Task prompt: List each line of the data that holds the string "last".

Recorded information:
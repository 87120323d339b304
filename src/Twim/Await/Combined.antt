-- ===== src/Twim/Await/Combined.antt =====
-- nrf52/src/twim.rs: a write and a read in one transaction, awaited to its end.
use async_on_embedded.Prelude.{
  ℕ, ◌%◌, ◌≡◌, ◌⊎◌, ◌∙◌, ◌&&◌, refl, true, List, [], ◌∷◌, ◌++◌, arith, ◌==◌, if◌then◌else◌, inl,
  inr, Bool-cases,
}
use async_on_embedded.Twim.{
  start_write_then_read, finish_write_then_read, clear_both, src, uninstall, poll_write_then_read,
  handler, not_started, in_progress, drop_future,
}
use async_on_embedded.Twim0.{Slice, Twim, done, failed}
use async_on_embedded.Twim.Await.{
  Change, Awaited, answered, panicked, finish, settle, write_from_ram_then_read, AllSpurious,
  Patient, await-last, Seen, handler-Seen,
}

combined-Patient :
    (waker address : ℕ) (wr_buf rd_buf : Slice)
    → Patient (poll_write_then_read waker address wr_buf rd_buf)
unfolding poll_write_then_read handler
combined-Patient waker address wr_buf rd_buf = record {
  starts = λ t. (start_write_then_read waker address wr_buf rd_buf t, refl);
  again = λ c t q. ground arith;
}

-- what the awaited transaction comes to, once it has ended with this change
abbrev pub outcome : Change → ℕ → ℕ → Twim → Awaited
outcome c wr_len rd_len t =
    if c.events.error
    then answered (failed (src (c.errorsrc % 256))) t
    else if c.read_amount % 256 == rd_len % 256 && c.write_amount % 256 == wr_len % 256
    then answered done t
    else panicked

combined_settled :
    (waker address : ℕ) (wr_buf rd_buf : Slice) (c : Change) (u : Twim)
    → Seen c u
    → (c.events.error ≡ true) ⊎ (c.events.stopped ≡ true)
    → (t' : Twim) × (settle (poll_write_then_read waker address wr_buf rd_buf in_progress u)
        ≡ outcome c wr_buf.len rd_buf.len t')
unfolding settle finish poll_write_then_read finish_write_then_read drop_future
combined_settled waker address wr_buf rd_buf c u seen e = elim (Bool-cases c.events.error) [
  | inl bad ↦ (record u { events = clear_both u.events }, ground (arith, seen, bad))
  | inr good ↦
      (uninstall (record u { events = clear_both u.events }), ground (arith, seen, good, e))
]

-- A write and a read in one transaction, awaited over any number of spurious changes and then one
-- that is an error or the end of the transaction: an error of the bus is the answer; without one,
-- the transaction succeeds if both amounts moved are the lengths (to 8 bits), and otherwise the
-- program panics.
pub combined_lem :
    (waker address : ℕ) (wr_buf rd_buf : Slice) (t : Twim) (spurious : List Change) (last : Change)
    → AllSpurious spurious
    → (last.events.error ≡ true) ⊎ (last.events.stopped ≡ true)
    → (t' : Twim) × (write_from_ram_then_read waker address wr_buf rd_buf t
          (spurious ++ (last ∷ []))
        ≡ outcome last wr_buf.len rd_buf.len t')
unfolding write_from_ram_then_read
combined_lem waker address wr_buf rd_buf t spurious last s e =
    let p = combined-Patient waker address wr_buf rd_buf in
    let (t₁, first) = p.starts t in
    let (u, eq) = await-last _ not_started t t₁ spurious last p s first in
    let (t', v) = combined_settled waker address wr_buf rd_buf last _ (handler-Seen last u) e in
    (t', eq ∙ v)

Answer section:
  Patient, await-last, Seen, handler-Seen,
    (waker address : ℕ) (wr_buf rd_buf : Slice) (t : Twim) (spurious : List Change) (last : Change)
    → (last.events.error ≡ true) ⊎ (last.events.stopped ≡ true)
          (spurious ++ (last ∷ []))
        ≡ outcome last wr_buf.len rd_buf.len t')
combined_lem waker address wr_buf rd_buf t spurious last s e =
    let (u, eq) = await-last _ not_started t t₁ spurious last p s first in
    let (t', v) = combined_settled waker address wr_buf rd_buf last _ (handler-Seen last u) e in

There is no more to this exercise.